Filter data to exclude rows with ‘overall’ in age

filtered_data <- population_data %>%
  filter(age != "overall")

# Create a distribution chart of the population by age group
ggplot(filtered_data, aes(x = age, y = population, fill = age)) +
  geom_bar(stat = "identity") +
  labs(
    title = "Distribution of Population by Age Group",
    x = "Age Group",
    y = "Population"
  ) +
  theme_minimal() +
  theme(
    axis.text.x = element_text(angle = 45, hjust = 1),
    legend.position = "none"
  )

4.2.1 Insights

  • Higher Population Among Younger Age Groups: The age groups 0-4, 5-9, and 10-14 have the highest population levels compared to others. This suggests a strong representation of younger individuals in the population.
  • Gradual Decline After Mid-Adulthood: There is a noticeable decline in population starting around the 30-34 age group. This trend continues consistently across older age groups.
  • Sharp Drop in Senior Population: The population significantly decreases in the 60-64 and older age groups. While the 70+ group shows a slight rebound compared to 65-69, it still represents a smaller proportion of the overall population.

4.3 Population Trend Over Time

population_trend <- population_data %>%
  group_by(state, date) %>%
  summarize(total_population = sum(population, na.rm = TRUE))
## `summarise()` has grouped output by 'state'. You can override using the
## `.groups` argument.
ggplot(population_trend, aes(x = date, y = total_population, color = state)) +
  geom_line() +
  labs(title = "Population Trends Over Time by State",
       x = "Year",
       y = "Total Population") +
  theme_minimal()

4.3.1 Insights

  1. Population Growth:
  • Selangor shows the most significant increase in population over time compared to other states, particularly after 1980. This suggests it has become a major urban and economic hub in Malaysia.
  • States like Johor, Sabah, and Sarawak also demonstrate steady population growth but at a slower pace compared to Selangor.
  1. Smaller Populations:
  • States such as Perlis and territories like W.P. Labuan and W.P. Putrajaya have relatively small populations compared to others, indicating their limited urban or rural development.
  1. Urbanization and Economic Activity:
  • The rapid population growth in Selangor and W.P. Kuala Lumpur reflects urbanization trends and economic opportunities in these areas. These regions likely attract more migration due to better job prospects and facilities.
  1. Recent Population Trends:
  • Some states, such as Johor and Sabah, show a sharp increase in the past two decades, indicating growing urban or industrial development.
  1. Disparity Across States:
  • The graph highlights significant disparities in population growth rates across states. This could be attributed to varying levels of development, economic opportunities, and migration patterns.
  1. Impact of Administrative Areas:
  • Federal territories like W.P. Putrajaya show a gradual increase, reflecting its establishment as an administrative hub and its relatively recent development.

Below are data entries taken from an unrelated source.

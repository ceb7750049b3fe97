-- ===== src/Ui/ApiClient/Replies.antt =====
-- What the client does when a reply arrives: the lambdas of ui/src/api_client.cpp.
use forge_sight.Prelude.{
  ◌==◌, Bool, true, false, not, none, some, List, [], ◌∷◌, ◌++◌, map, Text, lit, is_empty, pos,
  if◌then◌else◌,
}
use forge_sight.Ui.AlarmModel.{AlarmEntry}
use forge_sight.Ui.DeviceModel.{Update}
use forge_sight.Ui.ApiClient.{
  Json, ApiClient, NetworkReply, Waiting, latest_readings, all_alarms, all_devices, history,
  all_rules, rule_mutation, alarm_ack, ApiSignal, bootstrap_finished, reading_received,
  history_point_received, alarm_received, device_meta_received, rule_received, alarm_ack_succeeded,
  request_failed, history_load_finished, rules_load_finished, rule_mutation_finished, set_busy,
  end_pending, is_ok,
}

-- The signals of a lambda before those of the function that follows.
abbrev after :
    {D : Type 0}
    → List (ApiSignal D)
    → ApiClient × List (ApiSignal D)
    → ApiClient × List (ApiSignal D)
after signals r = (r.0, signals ++ r.1)

module _ {D : Type 0} (J : Json D) where
  open J use {Object, array, text, double, flag, int64, number, rule_body}

  unfoldable pub error_text : NetworkReply → Text
  error_text r =
      if is_empty r.error_string then lit "HTTP " ++ number (pos r.status) else r.error_string

  abbrev update_of : Object → Update D
  update_of o = record {
    device_id = text o (lit "device_id");
    sensor = text o (lit "sensor");
    value = double o (lit "value");
    unit = text o (lit "unit");
    timestamp = text o (lit "timestamp");
    anomaly = flag o (lit "anomaly");
  }

  abbrev alarm_of : Object → AlarmEntry D
  alarm_of o = record {
    id = int64 o (lit "id");
    device_id = text o (lit "device_id");
    sensor = text o (lit "sensor");
    value = double o (lit "value");
    severity = text o (lit "severity");
    message = text o (lit "message");
    timestamp = text o (lit "timestamp");
    acknowledged = flag o (lit "acknowledged");
  }

  abbrev meta_of : Object → ApiSignal D
  meta_of o = device_meta_received (text o (lit "id")) (text o (lit "plant")) (text o (lit "floor"))

  abbrev rule_of : Object → ApiSignal D
  rule_of o = rule_received (int64 o (lit "id")) record {
    device_id = text o (lit "device_id");
    sensor = text o (lit "sensor");
    condition = text o (lit "condition");
    threshold = double o (lit "threshold");
    severity = text o (lit "severity");
  }

  -- An `on_ok`: a signal for each object of the array, or the complaint.
  unfoldable pub for_each : (Object → ApiSignal D) → Text → Text → List (ApiSignal D)
  for_each signal complaint body = elim (array body) [
    | none ↦ request_failed complaint ∷ []
    | some objects ↦ map signal objects
  ]

  -- The lambda of `get_json`.
  unfoldable pub finish_get :
      (Text → List (ApiSignal D)) → NetworkReply → ApiClient → ApiClient × List (ApiSignal D)
  unfolding is_ok error_text end_pending
  finish_get on_ok r c =
      after (if not (is_ok r) then request_failed (error_text r) ∷ [] else on_ok r.body)
        (end_pending (bootstrap_finished ∷ []) c)

  -- The lambdas of `fetchHistory` and `fetchRules`: `finished` is the last signal.
  unfoldable pub finish_load :
      (Object → ApiSignal D)
      → Text
      → (Bool → Text → ApiSignal D)
      → NetworkReply
      → List (ApiSignal D)
  unfolding is_ok error_text
  finish_load signal complaint finished r =
      if not (is_ok r) then finished false (error_text r) ∷ [] else elim (array r.body) [
        | none ↦ finished false complaint ∷ []
        | some objects ↦ map signal objects ++ (finished true [] ∷ [])
      ]

  abbrev then_signals :
      List (ApiSignal D) → ApiClient × List (ApiSignal D) → ApiClient × List (ApiSignal D)
  then_signals signals r = (r.0, r.1 ++ signals)

  -- The reply of a request that is in flight.
  unfoldable pub finish : Waiting → NetworkReply → ApiClient → ApiClient × List (ApiSignal D)
  unfolding finish_get for_each finish_load set_busy end_pending is_ok error_text
  finish latest_readings r c =
      finish_get (for_each (λ o. reading_received (update_of o)) (lit "Invalid readings payload")) r
        c
  finish all_alarms r c =
      finish_get (for_each (λ o. alarm_received (alarm_of o)) (lit "Invalid alarms payload")) r c
  finish all_devices r c = finish_get (for_each meta_of (lit "Invalid devices payload")) r c
  finish history r c =
      then_signals
        (finish_load (λ o. history_point_received (update_of o)) (lit "Invalid history payload")
          history_load_finished r)
        (set_busy false c)
  finish all_rules r c =
      then_signals (finish_load rule_of (lit "Invalid rules payload") rules_load_finished r)
        (set_busy false c)
  finish rule_mutation r c =
      after (rule_mutation_finished (is_ok r) (if is_ok r then [] else error_text r) ∷ [])
        (end_pending [] c)
  finish (alarm_ack id) r c =
      after
        ((if r.status == 200
            then alarm_ack_succeeded id
            else request_failed (lit "Ack failed HTTP " ++ number (pos r.status)))
          ∷ [])
        (end_pending [] c)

4.4 Population by Ethnicity

population_ethnicity <- population_data %>%
  group_by(ethnicity) %>%
  summarize(total_population = sum(population, na.rm = TRUE))

ggplot(population_ethnicity, aes(x = reorder(ethnicity, -total_population), y = total_population, fill = ethnicity)) +
  geom_bar(stat = "identity") +
  coord_flip() +
  labs(title = "Population by Ethnicity",
       x = "Ethnicity",
       y = "Total Population") +
  theme_minimal()

4.4.1 Insights

  1. Major Groups: “Bumi_malay” dominates, followed by “chinese” and “indian,” showcasing the multicultural demographic.
  2. Non-Citizens: Significant populations of “other_noncitizen” suggest a notable non-citizen presence.
  3. Minorities: Smaller groups like “other” and “other_citizen” highlight the need for targeted support.

4.5 State-wise Population Distribution

state_population <- population_data %>%
  group_by(state) %>%
  summarize(total_population = sum(population, na.rm = TRUE))

ggplot(state_population, aes(x = reorder(state, -total_population), y = total_population, fill = state)) +
  geom_bar(stat = "identity") +
  coord_flip() +
  labs(title = "Total Population by State",
       x = "State",
       y = "Total Population") +
  theme_minimal()

4.5.1 Insights

  1. Highest Population: Selangor leads significantly, indicating its status as an economic hub.
  2. Moderate Population: Johor, Sabah, and Sarawak follow, reflecting their regional prominence.
  3. Smallest Populations: W.P. Putrajaya and W.P. Labuan have the least populations, likely due to their smaller size and specialized roles.

4.6 Gender Distribution of Population

gender_distribution <- population_data %>%
  group_by(sex) %>%
  summarize(total_population = sum(population, na.rm = TRUE))

ggplot(gender_distribution, aes(x = sex, y = total_population, fill = sex)) +
  geom_bar(stat = "identity") +
  labs(title = "Gender Distribution of Population",
       x = "Sex",
       y = "Total Population") +
  theme_minimal()

4.7 Identify Outliers in Population Data

# Summarize data by date to get the total population on each date
date_summary <- population_data %>%
  group_by(date) %>%
  summarise(total_population = sum(population, na.rm = TRUE))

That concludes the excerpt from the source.